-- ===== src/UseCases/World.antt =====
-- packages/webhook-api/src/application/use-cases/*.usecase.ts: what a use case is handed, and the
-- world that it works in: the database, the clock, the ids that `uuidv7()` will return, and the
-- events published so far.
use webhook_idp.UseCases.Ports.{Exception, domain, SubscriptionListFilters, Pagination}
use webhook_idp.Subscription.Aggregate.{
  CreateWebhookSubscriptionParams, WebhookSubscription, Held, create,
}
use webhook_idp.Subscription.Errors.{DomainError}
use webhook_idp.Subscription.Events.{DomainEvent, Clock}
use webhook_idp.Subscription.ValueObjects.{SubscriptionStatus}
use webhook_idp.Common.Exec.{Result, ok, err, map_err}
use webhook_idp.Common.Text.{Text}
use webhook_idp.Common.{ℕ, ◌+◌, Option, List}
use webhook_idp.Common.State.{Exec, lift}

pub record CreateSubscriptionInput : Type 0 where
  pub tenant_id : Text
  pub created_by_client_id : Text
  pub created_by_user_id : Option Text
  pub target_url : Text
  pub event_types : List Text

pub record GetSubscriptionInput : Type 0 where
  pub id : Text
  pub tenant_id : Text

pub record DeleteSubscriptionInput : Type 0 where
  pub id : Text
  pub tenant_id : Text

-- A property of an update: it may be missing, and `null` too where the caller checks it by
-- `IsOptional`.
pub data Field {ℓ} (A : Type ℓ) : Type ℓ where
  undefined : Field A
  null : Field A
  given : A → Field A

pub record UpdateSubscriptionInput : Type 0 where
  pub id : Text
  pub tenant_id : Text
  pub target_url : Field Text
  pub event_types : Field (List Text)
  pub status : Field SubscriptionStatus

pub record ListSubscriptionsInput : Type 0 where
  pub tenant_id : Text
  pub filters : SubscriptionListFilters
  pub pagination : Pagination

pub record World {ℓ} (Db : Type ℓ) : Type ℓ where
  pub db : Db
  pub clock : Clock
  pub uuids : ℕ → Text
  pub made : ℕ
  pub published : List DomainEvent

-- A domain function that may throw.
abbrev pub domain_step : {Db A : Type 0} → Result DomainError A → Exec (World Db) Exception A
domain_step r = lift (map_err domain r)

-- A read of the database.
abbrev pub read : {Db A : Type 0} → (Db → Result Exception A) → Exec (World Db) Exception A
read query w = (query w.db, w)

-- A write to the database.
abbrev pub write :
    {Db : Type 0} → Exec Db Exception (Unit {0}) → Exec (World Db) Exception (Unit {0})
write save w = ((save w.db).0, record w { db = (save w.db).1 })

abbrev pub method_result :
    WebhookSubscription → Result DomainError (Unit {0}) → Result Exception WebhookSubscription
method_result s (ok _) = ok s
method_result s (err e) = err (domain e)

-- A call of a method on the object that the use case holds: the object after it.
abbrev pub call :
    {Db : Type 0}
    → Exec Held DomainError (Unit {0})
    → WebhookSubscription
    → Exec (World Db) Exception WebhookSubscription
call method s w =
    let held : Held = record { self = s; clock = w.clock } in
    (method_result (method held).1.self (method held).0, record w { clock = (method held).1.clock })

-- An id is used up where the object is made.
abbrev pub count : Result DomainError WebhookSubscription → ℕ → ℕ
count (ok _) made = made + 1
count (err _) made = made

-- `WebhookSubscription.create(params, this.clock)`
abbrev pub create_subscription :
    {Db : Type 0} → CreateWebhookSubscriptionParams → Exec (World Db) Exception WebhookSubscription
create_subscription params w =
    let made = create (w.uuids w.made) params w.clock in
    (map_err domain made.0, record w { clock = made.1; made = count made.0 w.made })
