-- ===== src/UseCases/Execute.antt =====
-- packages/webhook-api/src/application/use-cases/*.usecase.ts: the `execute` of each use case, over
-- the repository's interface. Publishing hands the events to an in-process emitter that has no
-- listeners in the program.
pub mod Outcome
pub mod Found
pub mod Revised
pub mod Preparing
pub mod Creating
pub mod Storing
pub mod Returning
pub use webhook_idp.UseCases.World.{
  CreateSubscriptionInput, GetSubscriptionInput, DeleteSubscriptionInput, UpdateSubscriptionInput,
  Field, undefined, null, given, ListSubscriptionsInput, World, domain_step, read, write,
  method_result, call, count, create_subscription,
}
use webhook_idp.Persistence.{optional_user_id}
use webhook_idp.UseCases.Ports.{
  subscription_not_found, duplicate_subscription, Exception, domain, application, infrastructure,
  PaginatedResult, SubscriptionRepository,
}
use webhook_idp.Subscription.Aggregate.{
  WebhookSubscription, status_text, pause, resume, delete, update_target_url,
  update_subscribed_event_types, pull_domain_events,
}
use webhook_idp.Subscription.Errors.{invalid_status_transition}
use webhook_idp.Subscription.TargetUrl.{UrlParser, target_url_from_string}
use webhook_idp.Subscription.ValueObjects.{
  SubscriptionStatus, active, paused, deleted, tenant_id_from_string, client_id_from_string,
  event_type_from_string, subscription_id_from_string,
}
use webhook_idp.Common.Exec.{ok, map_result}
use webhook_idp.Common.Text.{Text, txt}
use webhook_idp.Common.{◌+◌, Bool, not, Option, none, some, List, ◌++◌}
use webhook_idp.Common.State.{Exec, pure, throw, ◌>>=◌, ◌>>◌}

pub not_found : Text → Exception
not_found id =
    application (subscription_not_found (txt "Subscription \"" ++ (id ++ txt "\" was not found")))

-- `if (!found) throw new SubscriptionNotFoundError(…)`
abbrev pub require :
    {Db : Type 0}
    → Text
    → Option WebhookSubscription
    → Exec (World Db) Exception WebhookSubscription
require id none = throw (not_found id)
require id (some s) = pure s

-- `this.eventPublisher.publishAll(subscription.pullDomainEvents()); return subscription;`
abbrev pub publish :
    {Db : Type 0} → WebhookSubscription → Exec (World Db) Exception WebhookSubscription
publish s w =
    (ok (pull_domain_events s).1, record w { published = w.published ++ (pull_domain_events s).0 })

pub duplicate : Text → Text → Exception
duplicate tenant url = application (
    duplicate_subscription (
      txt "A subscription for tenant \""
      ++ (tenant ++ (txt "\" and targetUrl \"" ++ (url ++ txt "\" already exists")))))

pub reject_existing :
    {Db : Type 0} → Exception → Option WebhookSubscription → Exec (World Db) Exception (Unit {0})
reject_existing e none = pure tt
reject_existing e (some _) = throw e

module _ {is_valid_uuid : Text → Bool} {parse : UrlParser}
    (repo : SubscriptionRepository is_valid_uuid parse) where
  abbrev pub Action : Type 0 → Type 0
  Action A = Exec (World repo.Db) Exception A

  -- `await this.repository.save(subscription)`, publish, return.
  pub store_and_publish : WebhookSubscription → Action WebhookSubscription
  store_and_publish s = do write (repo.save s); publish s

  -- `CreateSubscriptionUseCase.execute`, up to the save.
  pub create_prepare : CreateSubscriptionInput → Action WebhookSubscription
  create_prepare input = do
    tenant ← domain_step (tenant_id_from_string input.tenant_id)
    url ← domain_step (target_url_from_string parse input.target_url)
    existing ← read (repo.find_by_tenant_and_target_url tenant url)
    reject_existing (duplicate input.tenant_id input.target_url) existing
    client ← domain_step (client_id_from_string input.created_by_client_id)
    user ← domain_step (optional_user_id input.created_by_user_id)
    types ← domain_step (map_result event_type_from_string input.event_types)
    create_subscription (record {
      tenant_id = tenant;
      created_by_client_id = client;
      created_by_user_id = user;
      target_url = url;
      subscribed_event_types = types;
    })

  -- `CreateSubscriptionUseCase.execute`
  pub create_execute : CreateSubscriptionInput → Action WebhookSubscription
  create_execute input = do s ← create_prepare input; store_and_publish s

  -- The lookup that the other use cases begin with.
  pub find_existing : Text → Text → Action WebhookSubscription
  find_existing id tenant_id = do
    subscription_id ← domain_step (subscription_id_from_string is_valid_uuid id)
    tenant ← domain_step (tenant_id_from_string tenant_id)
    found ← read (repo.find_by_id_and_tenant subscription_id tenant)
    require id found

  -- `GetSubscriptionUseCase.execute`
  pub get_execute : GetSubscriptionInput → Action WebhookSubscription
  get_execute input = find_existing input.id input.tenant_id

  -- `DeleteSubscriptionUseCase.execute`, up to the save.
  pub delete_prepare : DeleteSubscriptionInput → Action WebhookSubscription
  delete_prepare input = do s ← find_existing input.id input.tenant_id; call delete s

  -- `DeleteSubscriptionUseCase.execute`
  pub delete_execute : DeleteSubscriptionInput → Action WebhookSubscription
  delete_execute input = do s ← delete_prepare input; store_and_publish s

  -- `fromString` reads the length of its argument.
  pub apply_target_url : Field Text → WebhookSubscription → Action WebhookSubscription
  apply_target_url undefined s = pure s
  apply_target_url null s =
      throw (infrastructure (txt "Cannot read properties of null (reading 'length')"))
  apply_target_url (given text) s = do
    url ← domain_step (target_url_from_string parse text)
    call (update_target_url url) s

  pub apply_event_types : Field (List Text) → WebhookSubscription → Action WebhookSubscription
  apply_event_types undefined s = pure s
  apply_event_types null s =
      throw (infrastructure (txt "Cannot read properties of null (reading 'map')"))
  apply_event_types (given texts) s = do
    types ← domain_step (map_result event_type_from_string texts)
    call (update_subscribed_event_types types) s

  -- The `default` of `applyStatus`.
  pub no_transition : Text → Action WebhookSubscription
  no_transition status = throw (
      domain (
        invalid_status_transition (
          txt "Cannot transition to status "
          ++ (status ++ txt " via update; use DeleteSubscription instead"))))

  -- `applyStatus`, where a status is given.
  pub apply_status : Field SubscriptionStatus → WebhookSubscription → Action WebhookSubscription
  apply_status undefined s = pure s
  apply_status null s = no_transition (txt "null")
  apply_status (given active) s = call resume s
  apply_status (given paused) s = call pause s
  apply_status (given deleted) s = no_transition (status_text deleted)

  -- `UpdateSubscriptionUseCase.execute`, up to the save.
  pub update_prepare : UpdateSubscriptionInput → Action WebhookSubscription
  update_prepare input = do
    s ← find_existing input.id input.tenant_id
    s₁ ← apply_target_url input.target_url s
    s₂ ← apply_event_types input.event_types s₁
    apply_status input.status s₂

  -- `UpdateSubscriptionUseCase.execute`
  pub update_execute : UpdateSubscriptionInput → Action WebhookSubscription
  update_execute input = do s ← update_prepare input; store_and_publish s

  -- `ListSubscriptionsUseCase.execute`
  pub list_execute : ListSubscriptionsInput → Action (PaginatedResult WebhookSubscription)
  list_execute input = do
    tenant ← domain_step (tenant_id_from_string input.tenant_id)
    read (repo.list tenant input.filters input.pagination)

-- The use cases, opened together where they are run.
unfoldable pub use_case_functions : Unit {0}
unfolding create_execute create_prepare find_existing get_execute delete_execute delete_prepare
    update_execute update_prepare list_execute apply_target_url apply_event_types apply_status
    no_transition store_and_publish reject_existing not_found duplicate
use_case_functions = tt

...

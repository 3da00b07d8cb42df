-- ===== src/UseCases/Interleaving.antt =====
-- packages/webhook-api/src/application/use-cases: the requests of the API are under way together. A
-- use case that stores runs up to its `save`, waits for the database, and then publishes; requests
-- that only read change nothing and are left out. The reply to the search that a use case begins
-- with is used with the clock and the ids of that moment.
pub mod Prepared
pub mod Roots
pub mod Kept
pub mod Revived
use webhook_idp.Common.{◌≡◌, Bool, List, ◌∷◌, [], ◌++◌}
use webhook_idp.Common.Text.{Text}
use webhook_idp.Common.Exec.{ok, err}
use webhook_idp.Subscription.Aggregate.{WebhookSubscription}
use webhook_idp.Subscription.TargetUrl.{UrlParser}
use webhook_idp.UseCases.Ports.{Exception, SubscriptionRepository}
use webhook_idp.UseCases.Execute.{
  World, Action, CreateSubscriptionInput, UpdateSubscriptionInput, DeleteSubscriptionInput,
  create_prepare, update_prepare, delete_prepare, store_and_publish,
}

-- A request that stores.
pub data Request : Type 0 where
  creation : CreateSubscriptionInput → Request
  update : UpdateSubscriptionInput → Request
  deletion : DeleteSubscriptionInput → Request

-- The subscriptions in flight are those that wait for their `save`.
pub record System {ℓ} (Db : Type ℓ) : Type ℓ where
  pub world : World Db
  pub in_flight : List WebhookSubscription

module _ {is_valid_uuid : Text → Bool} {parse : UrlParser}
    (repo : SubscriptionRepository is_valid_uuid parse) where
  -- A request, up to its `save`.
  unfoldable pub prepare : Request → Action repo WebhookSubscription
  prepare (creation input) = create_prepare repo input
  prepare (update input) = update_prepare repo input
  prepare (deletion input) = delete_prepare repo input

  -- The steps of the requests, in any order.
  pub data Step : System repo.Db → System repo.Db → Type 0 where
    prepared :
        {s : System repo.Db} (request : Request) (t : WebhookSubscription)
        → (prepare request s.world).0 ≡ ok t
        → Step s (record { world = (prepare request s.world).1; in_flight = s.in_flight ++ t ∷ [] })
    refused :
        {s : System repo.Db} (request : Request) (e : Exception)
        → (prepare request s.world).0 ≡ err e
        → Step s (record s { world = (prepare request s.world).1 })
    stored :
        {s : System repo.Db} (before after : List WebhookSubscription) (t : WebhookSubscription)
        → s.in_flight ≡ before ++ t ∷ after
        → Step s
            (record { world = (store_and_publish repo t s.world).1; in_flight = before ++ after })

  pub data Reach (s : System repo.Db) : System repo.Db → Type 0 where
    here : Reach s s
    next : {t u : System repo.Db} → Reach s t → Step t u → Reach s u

---

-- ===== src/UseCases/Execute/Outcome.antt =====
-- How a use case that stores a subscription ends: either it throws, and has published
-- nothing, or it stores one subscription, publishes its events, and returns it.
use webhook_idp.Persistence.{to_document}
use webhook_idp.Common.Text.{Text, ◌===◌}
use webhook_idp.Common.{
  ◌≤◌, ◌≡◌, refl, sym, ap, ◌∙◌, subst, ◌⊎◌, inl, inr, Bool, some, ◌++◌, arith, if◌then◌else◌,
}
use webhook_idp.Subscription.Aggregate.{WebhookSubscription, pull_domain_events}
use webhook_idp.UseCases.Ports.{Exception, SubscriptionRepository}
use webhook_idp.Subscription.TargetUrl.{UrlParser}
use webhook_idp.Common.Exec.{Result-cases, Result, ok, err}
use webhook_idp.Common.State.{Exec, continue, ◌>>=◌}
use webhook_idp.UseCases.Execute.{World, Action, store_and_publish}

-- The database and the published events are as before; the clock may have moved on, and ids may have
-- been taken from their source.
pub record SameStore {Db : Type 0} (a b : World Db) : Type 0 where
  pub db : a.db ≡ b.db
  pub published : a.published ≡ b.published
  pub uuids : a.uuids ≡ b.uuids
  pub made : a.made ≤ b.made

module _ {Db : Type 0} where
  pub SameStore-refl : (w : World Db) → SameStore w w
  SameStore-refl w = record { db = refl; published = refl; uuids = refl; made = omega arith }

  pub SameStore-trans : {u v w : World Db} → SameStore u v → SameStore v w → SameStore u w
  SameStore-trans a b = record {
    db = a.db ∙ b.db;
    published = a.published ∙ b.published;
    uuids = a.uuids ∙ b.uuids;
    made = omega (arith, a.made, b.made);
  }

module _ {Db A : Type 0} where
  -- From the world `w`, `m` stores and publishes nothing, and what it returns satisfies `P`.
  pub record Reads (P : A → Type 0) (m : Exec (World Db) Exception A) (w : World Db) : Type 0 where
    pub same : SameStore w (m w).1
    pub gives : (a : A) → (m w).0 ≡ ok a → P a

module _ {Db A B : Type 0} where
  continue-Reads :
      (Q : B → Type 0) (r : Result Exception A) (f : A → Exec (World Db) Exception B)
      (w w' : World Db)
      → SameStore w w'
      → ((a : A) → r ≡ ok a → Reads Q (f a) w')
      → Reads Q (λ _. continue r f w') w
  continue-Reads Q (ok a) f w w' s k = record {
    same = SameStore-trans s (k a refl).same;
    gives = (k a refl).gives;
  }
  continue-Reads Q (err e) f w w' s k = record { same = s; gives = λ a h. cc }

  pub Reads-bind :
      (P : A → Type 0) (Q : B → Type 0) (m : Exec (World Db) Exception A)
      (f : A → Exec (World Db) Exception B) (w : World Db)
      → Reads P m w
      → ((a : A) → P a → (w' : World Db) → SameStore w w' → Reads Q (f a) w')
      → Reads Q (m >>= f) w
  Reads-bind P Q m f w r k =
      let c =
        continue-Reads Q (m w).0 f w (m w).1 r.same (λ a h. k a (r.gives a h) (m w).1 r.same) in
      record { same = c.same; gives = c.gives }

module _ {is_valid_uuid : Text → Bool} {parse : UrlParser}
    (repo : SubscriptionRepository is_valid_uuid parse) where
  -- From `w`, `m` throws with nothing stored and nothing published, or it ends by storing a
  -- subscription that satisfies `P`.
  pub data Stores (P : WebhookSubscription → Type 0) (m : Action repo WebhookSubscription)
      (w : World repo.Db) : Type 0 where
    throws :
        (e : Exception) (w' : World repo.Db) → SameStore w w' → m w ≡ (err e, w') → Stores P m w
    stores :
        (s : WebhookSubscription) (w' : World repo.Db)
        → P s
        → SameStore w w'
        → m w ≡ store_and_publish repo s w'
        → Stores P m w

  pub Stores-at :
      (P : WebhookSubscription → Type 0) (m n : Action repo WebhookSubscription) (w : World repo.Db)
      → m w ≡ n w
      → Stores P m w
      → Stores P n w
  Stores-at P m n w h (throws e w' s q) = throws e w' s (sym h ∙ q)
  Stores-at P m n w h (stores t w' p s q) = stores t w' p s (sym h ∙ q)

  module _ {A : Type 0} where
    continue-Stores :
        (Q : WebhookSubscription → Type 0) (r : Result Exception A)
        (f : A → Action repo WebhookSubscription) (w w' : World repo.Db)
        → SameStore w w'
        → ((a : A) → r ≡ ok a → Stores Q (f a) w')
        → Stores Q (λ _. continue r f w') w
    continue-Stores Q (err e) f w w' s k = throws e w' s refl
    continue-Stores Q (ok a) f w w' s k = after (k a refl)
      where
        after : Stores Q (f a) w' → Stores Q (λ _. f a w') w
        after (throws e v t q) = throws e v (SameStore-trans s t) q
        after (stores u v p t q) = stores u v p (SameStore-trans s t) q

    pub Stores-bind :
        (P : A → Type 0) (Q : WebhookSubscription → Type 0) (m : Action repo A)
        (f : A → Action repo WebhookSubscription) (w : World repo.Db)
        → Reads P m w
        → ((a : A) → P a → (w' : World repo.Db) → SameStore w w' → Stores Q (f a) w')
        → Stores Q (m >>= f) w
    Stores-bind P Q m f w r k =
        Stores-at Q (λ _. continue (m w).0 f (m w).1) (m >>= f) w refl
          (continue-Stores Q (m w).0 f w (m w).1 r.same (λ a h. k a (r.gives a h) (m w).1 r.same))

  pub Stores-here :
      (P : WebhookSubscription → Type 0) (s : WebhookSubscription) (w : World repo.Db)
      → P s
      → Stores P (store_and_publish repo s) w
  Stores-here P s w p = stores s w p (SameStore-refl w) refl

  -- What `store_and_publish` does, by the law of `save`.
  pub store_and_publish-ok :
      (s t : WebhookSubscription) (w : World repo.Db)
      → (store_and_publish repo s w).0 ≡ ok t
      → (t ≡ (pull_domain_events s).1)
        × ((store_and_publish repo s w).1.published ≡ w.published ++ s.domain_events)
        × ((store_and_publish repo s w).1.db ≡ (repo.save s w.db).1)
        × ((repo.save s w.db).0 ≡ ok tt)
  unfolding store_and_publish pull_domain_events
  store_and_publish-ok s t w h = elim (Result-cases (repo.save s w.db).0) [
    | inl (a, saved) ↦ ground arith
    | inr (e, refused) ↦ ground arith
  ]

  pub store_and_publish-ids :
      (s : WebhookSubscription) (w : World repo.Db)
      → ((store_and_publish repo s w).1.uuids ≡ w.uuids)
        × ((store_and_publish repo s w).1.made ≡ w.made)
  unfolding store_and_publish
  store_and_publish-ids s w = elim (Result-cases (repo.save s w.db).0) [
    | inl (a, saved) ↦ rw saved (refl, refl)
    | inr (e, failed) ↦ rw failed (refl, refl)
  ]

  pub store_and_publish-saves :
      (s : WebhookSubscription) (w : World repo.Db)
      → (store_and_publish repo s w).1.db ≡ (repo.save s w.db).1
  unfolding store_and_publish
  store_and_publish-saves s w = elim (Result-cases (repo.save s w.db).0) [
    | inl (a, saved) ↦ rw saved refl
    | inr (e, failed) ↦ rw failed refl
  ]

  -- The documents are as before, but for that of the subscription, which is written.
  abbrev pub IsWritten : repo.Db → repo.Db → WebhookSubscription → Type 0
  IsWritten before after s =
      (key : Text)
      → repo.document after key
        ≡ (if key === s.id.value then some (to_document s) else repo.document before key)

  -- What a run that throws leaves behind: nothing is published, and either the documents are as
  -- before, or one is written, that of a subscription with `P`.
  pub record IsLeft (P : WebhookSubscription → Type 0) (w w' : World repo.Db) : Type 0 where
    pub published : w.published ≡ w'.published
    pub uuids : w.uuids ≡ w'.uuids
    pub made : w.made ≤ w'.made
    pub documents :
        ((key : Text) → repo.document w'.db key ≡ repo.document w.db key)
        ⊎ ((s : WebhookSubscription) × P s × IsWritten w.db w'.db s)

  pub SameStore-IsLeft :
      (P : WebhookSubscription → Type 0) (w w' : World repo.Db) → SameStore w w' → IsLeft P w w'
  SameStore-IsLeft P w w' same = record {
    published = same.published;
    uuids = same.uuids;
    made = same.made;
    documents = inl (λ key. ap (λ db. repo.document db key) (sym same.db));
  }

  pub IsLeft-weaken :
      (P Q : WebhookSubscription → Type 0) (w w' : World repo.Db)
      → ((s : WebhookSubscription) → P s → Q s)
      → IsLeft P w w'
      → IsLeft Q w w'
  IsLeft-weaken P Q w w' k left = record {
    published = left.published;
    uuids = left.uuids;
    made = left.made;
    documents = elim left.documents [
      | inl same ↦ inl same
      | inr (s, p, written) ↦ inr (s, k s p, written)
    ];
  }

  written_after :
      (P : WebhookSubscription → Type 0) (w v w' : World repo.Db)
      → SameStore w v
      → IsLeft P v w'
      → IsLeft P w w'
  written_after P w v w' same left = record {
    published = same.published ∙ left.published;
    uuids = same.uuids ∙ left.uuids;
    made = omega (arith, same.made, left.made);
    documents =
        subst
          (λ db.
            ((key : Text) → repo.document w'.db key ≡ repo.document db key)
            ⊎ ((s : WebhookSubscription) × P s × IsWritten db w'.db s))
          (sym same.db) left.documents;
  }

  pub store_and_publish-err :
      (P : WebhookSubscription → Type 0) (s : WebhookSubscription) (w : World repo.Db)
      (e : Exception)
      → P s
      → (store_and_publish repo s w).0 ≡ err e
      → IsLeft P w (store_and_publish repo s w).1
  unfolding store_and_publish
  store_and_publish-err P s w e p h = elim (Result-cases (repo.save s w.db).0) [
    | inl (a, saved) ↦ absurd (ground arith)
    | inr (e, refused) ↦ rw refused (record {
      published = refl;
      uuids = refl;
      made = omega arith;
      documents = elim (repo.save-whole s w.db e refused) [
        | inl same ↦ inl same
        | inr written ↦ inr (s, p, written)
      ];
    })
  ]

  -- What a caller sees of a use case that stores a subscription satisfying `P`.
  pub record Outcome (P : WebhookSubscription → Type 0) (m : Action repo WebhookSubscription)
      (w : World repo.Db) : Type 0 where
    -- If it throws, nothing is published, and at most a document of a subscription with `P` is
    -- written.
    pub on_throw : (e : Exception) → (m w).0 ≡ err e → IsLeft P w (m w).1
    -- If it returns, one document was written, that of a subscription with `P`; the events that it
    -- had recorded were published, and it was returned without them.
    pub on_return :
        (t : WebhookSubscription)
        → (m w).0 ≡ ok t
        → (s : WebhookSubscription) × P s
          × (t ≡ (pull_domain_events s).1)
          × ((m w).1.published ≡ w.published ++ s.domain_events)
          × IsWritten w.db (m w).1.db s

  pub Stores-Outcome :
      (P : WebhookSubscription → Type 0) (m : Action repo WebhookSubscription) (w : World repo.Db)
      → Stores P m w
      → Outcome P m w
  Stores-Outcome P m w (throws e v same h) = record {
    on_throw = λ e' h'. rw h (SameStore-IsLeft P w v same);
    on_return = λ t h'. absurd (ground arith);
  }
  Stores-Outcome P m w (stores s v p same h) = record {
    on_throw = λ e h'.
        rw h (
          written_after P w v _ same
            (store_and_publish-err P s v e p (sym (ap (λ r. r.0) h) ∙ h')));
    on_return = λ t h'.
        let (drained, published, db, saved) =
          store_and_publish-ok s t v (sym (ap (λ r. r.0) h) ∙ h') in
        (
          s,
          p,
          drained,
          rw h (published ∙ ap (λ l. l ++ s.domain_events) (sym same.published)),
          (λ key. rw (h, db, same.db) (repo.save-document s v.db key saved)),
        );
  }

» **What you have to do**
Output, from the data above, the lines from the line with "pub delete_prepare : DeleteSubscriptionInput" to the line with "delete_execute input = do" exactly as they stand, both ends included and nothing else.

» **Exercise output**
  pub delete_prepare : DeleteSubscriptionInput → Action WebhookSubscription
  delete_prepare input = do s ← find_existing input.id input.tenant_id; call delete s

  -- `DeleteSubscriptionUseCase.execute`
  pub delete_execute : DeleteSubscriptionInput → Action WebhookSubscription
  delete_execute input = do s ← delete_prepare input; store_and_publish s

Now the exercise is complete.